L’Area Studi Mediobanca pubblica la seconda edizione dell’indagine sul settore orafo-argentiero-gioielliero in Italia. Lo studio analizza i dati finanziari dei 101 maggiori player con un giro d’affari superiore ai 19 milioni di euro ciascuno.
Alessandria riguadagna il terzo posto nella classifica nazionale dell’export orafo con export di 1.641,9 milioni di euro (16,8% del totale nazionale) e una crescita del 18,9% nei primi nove mesi del 2025, in netta controtendenza rispetto alla media nazionale che registra un calo del 14,5%. La provincia piemontese consolida il proprio ruolo nel panorama orafo italiano superando Milano che scivola in quarta posizione con export di 910,3 milioni di euro (9,3% del totale).
Le prime cinque destinazioni coprono il 74,3% dell’export alessandrino (circa 1.220 milioni di euro). A seguito di scelte logistico-commerciali operate da importanti protagonisti del settore, la Svizzera (26,0% dell’export alessandrino, circa 427 milioni) supera l’Irlanda (24,0%, circa 394 milioni) come prima destinazione: l’export verso la Svizzera registra un “boom” del +447,5%, mentre l’Irlanda perde il 19,4%. Perdono terreno la Francia (-11,7%) e Hong Kong (quinto sbocco, -27,2%). Crescono invece gli USA (+6,0%) e la Cina (sesta destinazione con circa 52,7 milioni di euro, +30,2%).

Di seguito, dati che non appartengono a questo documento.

-- ===== src/Main.antt =====
-- src/main.rs: the commands, and the demonstrations that it contains itself.
pub mod Command
pub mod Dispatch
pub mod FirewallDemo
pub mod Latency
pub mod Ranks
pub mod Sockets
pub mod Sorting
pub mod RoundTrips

In ambito piemontese, Torino, quinta in classifica nazionale con 283,4 milioni di euro (2,9% del totale nazionale), sperimenta un mini-boom delle esportazioni (+157,3%). Come spesso si è avuto modo di notare, al calo di Milano (quarta in classifica) fa eco un aumento dalla provincia di Torino, segnalando una riconfigurazione degli snodi logistico-commerciali tra le due province limitrofe.
Nel panorama nazionale, Arezzo (primo posto) mantiene la leadership con 3.636,3 milioni di euro (37,2% del totale) nonostante un -31,7%, Vicenza (secondo posto) registra 1.894,6 milioni di euro (19,4% del totale) con un +5,8%. Le prime quattro province coprono l’82,7% dell’export italiano di settore.